■ Material shown:

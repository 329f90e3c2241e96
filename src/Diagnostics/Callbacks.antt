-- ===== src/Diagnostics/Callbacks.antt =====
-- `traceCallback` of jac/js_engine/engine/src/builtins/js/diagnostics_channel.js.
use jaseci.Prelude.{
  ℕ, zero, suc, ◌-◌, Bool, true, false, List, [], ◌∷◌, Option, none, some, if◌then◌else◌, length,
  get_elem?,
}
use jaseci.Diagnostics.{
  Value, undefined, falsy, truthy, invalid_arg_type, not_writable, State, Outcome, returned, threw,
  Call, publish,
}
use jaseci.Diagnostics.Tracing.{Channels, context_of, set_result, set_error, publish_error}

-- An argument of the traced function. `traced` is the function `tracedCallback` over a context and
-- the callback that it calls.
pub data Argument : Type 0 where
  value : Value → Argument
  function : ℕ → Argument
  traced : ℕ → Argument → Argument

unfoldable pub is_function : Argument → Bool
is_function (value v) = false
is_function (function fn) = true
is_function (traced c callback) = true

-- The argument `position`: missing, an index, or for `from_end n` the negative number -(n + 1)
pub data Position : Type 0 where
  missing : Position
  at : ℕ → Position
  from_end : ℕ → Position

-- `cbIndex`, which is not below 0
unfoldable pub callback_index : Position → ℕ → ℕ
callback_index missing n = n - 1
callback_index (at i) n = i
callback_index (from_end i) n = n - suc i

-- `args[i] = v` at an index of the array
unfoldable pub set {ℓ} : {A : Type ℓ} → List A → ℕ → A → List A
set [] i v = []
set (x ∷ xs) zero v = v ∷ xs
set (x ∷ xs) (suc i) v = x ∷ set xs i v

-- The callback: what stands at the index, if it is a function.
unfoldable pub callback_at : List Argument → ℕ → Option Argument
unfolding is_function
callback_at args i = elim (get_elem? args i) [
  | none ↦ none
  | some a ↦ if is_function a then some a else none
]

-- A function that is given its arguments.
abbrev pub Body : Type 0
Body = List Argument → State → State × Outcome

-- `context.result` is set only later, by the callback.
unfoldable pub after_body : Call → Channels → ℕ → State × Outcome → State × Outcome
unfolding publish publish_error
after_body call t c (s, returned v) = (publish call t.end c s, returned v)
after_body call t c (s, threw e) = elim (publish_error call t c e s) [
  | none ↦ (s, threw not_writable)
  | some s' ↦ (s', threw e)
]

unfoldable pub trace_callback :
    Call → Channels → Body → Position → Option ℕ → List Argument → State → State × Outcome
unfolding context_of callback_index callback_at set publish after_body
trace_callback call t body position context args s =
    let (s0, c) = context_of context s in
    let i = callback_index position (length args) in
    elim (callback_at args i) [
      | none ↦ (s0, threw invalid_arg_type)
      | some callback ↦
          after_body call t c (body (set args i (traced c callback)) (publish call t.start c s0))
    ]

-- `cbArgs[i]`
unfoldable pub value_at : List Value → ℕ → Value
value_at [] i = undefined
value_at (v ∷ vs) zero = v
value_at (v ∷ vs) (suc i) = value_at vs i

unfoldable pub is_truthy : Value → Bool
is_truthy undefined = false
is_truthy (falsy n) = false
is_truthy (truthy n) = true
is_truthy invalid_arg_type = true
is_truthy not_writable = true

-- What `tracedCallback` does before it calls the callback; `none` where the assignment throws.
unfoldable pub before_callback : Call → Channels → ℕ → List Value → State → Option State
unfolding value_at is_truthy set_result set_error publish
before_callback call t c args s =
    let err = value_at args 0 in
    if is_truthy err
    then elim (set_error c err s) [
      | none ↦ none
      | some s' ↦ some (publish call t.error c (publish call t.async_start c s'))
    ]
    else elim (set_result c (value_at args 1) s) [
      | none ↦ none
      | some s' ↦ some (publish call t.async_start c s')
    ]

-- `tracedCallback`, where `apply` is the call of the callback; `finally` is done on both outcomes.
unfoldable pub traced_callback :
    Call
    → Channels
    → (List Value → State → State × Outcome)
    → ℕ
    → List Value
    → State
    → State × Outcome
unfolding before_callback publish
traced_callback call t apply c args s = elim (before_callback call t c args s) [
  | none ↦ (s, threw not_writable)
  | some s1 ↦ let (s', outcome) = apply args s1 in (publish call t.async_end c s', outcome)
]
---
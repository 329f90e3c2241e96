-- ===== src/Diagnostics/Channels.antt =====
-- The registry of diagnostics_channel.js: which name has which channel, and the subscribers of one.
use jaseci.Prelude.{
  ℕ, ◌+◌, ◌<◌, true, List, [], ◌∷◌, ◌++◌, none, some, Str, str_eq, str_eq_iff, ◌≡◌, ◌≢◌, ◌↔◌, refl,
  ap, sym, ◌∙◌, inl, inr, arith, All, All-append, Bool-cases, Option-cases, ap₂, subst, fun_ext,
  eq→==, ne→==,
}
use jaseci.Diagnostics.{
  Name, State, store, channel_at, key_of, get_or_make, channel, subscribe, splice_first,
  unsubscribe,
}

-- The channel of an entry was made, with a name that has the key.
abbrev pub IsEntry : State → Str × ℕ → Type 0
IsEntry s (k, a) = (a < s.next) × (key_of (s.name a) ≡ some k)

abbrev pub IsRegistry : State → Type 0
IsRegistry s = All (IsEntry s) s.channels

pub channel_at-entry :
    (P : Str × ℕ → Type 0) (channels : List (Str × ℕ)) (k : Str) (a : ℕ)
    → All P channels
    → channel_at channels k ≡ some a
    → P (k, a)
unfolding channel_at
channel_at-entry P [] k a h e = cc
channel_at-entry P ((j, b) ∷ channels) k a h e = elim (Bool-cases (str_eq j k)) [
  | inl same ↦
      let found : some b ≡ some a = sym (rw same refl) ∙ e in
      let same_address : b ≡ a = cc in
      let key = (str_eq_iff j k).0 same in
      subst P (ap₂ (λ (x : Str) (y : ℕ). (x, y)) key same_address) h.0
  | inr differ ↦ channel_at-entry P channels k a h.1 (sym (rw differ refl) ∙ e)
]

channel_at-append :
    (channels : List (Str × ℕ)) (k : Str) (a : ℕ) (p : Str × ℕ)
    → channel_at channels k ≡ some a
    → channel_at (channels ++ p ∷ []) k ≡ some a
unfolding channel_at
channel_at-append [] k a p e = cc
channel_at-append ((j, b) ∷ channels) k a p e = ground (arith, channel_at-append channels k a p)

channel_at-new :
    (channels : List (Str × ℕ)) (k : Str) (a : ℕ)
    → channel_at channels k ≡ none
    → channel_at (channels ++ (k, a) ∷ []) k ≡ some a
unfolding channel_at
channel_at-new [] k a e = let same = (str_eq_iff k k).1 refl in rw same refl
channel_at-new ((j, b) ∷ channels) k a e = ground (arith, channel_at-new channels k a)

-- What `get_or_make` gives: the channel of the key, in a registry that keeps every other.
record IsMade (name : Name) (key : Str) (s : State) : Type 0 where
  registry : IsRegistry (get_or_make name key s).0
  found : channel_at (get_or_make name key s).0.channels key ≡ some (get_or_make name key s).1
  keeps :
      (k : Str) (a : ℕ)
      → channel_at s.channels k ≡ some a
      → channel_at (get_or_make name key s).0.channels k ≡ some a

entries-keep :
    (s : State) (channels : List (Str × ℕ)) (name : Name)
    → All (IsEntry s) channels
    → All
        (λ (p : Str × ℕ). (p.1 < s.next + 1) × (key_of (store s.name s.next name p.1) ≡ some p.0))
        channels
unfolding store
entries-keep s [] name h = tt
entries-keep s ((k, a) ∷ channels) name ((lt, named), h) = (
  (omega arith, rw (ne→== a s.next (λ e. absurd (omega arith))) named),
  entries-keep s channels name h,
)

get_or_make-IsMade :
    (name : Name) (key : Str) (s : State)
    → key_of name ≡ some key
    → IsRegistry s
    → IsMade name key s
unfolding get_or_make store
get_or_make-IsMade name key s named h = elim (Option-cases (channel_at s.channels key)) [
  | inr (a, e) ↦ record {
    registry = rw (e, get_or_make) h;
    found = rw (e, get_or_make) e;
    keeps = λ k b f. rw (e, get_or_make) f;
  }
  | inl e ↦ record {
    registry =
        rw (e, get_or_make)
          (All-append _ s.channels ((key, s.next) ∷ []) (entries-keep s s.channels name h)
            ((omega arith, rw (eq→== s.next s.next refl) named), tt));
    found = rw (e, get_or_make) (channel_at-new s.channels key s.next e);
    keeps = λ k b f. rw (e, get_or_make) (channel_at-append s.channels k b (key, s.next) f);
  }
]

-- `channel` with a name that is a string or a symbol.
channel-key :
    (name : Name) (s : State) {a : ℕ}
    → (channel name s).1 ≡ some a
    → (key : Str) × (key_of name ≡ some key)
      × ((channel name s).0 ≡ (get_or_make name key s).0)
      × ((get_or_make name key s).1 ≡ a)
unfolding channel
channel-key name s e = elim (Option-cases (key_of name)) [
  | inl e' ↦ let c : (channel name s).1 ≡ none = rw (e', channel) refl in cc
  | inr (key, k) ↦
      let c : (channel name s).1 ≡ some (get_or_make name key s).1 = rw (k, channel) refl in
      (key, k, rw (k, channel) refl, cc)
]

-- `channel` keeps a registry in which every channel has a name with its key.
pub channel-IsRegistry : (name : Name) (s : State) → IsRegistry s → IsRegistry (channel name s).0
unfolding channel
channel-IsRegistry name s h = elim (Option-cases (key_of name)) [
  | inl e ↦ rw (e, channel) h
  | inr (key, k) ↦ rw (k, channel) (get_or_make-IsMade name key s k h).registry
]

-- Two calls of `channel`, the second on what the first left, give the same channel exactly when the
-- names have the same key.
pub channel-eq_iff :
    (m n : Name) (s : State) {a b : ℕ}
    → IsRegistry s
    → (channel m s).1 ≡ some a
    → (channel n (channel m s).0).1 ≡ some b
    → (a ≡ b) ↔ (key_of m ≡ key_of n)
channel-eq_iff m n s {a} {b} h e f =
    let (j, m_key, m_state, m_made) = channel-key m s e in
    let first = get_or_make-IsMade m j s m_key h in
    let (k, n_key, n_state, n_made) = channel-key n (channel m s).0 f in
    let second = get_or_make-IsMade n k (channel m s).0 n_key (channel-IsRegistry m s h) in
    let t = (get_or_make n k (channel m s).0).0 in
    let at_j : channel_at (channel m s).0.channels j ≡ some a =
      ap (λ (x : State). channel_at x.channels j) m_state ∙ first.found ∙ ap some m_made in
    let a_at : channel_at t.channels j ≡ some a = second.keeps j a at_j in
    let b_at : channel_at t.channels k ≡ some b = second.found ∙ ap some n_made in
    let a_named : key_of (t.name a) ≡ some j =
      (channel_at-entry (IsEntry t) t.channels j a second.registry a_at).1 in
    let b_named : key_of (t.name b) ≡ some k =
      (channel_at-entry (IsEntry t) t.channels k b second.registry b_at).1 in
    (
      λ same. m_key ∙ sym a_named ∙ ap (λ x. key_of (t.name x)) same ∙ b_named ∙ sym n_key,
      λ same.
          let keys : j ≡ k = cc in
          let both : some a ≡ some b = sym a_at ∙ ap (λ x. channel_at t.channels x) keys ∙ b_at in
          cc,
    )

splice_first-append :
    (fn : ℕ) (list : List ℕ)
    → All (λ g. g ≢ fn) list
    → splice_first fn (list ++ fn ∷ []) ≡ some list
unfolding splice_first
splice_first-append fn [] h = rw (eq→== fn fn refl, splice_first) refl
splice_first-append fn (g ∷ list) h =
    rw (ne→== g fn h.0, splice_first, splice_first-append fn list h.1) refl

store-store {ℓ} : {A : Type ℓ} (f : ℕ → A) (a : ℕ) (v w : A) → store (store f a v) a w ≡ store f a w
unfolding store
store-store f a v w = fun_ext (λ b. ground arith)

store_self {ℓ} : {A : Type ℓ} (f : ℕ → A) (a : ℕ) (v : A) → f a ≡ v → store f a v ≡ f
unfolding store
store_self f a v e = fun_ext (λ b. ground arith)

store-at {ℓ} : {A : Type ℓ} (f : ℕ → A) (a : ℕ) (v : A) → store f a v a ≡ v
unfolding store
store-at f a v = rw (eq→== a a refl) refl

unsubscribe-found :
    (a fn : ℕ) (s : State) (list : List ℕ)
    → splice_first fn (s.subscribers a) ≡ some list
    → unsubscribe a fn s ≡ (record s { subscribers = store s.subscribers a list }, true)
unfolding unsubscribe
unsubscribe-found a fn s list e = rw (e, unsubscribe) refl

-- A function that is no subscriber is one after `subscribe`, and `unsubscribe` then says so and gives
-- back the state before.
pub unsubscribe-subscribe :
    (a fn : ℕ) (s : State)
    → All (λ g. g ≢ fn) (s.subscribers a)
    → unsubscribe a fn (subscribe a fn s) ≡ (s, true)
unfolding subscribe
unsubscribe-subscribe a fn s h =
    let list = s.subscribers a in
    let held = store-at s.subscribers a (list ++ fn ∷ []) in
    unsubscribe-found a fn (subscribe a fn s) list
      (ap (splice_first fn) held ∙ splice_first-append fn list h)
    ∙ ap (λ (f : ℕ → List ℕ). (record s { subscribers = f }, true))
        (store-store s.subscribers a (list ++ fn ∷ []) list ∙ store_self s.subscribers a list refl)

■ Exercise aim:
Where a line of the entries contains the word "every", copy that line.

■ Output:
-- What `get_or_make` gives: the channel of the key, in a registry that keeps every other.
-- `channel` keeps a registry in which every channel has a name with its key.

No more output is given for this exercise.